FROM TOKENIZED RESPONSE TO RESTORED ANSWER
External response arrives. "Contact PHONE_8f3a about CID_4a2e before Friday." The provider echoes the tokens it was given — that is expected behavior, not a failure.
1
Token recognition. The engine scans the incoming stream for token patterns, including tokens split across streaming chunks.
2
Controlled lookup. Each recognized token is resolved against the vault; policy checks confirm the caller is authorized to receive the restored class.
3
Delivery. The user or agent reads: "Contact +90 543 417 88 21 about VF-C-88231 before Friday." Each restore is recorded in the audit stream.
Example values are fictional, consistent with the telecom scenario used across this documentation.

Why streaming is the hard part#

Modern providers stream answers token by token, and users expect text to appear immediately. A restore step that buffered the whole response would turn every chat into a wait. The Salus restore pipeline works inline instead: it holds back only a small window of the stream — enough to recognize a Salus token even when the provider's chunking splits it in half — resolves the mapping, and releases restored text continuously. The stream stays live; the added delay is a bounded hold-back, not a full-response buffer.

This is also why the engine sits in the response path architecturally: something with vault access has to see the stream before the caller does, or restoration cannot happen at all.

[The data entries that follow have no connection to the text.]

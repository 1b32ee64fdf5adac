-- ===== src/Messages/Coin.antt =====
-- `Denom` of proto-types/src/denom.rs, and how `Coin` and `SendCoins` of
-- proto-messages/src/cosmos/base/v1beta1/coin.rs are read from the generated type.
use doge_sdk.Base.{
  ℕ, ◌^◌, ◌<◌, ◌≡◌, refl, Bool, true, false, ◌&&◌, ◌||◌, List, [], ◌∷◌, map, All, length, leb, ◌==◌,
  if◌then◌else◌,
}
use doge_sdk.Base.Bytes.{Bytes}
use doge_sdk.Base.Tried.{Tried, done, failed, ◌>>=◌, try_from, try_map, try_map-map}
use doge_sdk.Bank.Coin.{Coin, validate_coins, valid, invalid}
use doge_sdk.Messages.Crates.{Crates, IsLawful}
use doge_sdk.Messages.Key.{MessagesError, coin, coins}

pub record RawCoin : Type 0 where
  pub denom : Bytes
  pub amount : Bytes

unfoldable pub is_letter : ℕ → Bool
is_letter c = (leb 65 c && leb c 90) || (leb 97 c && leb c 122)

-- A letter, a digit, '/' or '-'.
unfoldable pub is_denom_char : ℕ → Bool
unfolding is_letter
is_denom_char c = is_letter c || (leb 48 c && leb c 57) || c == 47 || c == 45

abbrev pub all_denom_chars : Bytes → Bool
all_denom_chars [] = true
all_denom_chars (c ∷ cs) = is_denom_char c && all_denom_chars cs

-- A letter, and then 2 to 127 of the other characters.
unfoldable pub is_match : Bytes → Bool
unfolding is_denom_char is_letter
is_match [] = false
is_match (c ∷ cs) = is_letter c && all_denom_chars cs && leb 2 (length cs) && leb (length cs) 127

-- The error is `InvalidDenom`, which the one caller replaces.
unfoldable pub denom_try_from : Bytes → Tried MessagesError Bytes
unfolding is_match
denom_try_from v = if is_match v then done v else failed coin

unfoldable pub new : List Coin → Tried MessagesError (List Coin)
unfolding validate_coins
new cs = elim (validate_coins cs) [ valid ↦ done cs | invalid e ↦ failed (coins e) ]

module _ ⦃x : Crates⦄ where
  unfoldable pub coin_try_from : RawCoin → Tried MessagesError Coin
  unfolding denom_try_from
  coin_try_from raw = do
    denom ← denom_try_from raw.denom
    amount ← try_from (x.uint_from_str raw.amount) coin
    done (record { denom = denom; amount = amount })

  unfoldable pub coin_into_raw : Coin → RawCoin
  coin_into_raw c = record { denom = c.denom; amount = x.uint_to_string c.amount }

-- What a `Coin` holds.
abbrev pub IsCoin : Coin → Type 0
IsCoin c = (is_match c.denom ≡ true) × (c.amount < 2 ^ 256)

-- What a `SendCoins` holds.
abbrev pub IsSendCoins : List Coin → Type 0
IsSendCoins cs = (validate_coins cs ≡ valid) × All IsCoin cs

module _ ⦃x : Crates⦄ (law : IsLawful x) where
  coin_try_from-coin_into_raw : (c : Coin) → IsCoin c → coin_try_from (coin_into_raw c) ≡ done c
  unfolding coin_try_from coin_into_raw denom_try_from
  coin_try_from-coin_into_raw c h = rw (h.0, law.uint_from_str-to_string c.amount h.1) refl

  -- A list of coins is read back.
  pub coins_try_from-into_raw :
      (cs : List Coin) → All IsCoin cs → try_map coin_try_from (map coin_into_raw cs) ≡ done cs
  coins_try_from-into_raw cs h =
      try_map-map {P = IsCoin} coin_try_from coin_into_raw coin_try_from-coin_into_raw cs h

pub new-valid : (cs : List Coin) → validate_coins cs ≡ valid → new cs ≡ done cs
unfolding new
new-valid cs h = rw (new, h) refl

Restore is an authorization, not a find-and-replace#

Each lookup passes through policy before the value is released: is this caller allowed to receive this data class, in this workflow, at this time? Classes can be marked restore-always, restore-with-approval, or never-restore — in the last case the token itself is delivered, deliberately. The result is that "reversible" means reversible for authorized paths, with every reversal audited.

When restoration cannot happen#

If the vault is unreachable or a mapping is missing, the default is conservative: a response marked for restore is held, and the caller sees a visible failure rather than an answer with unresolved tokens standing in for values it was promised. Behavior is configurable per data class — a low-risk surface can be allowed to deliver-with-tokens plus an alert — but the principle stands: open never means raw, and silent substitution failures are not an option.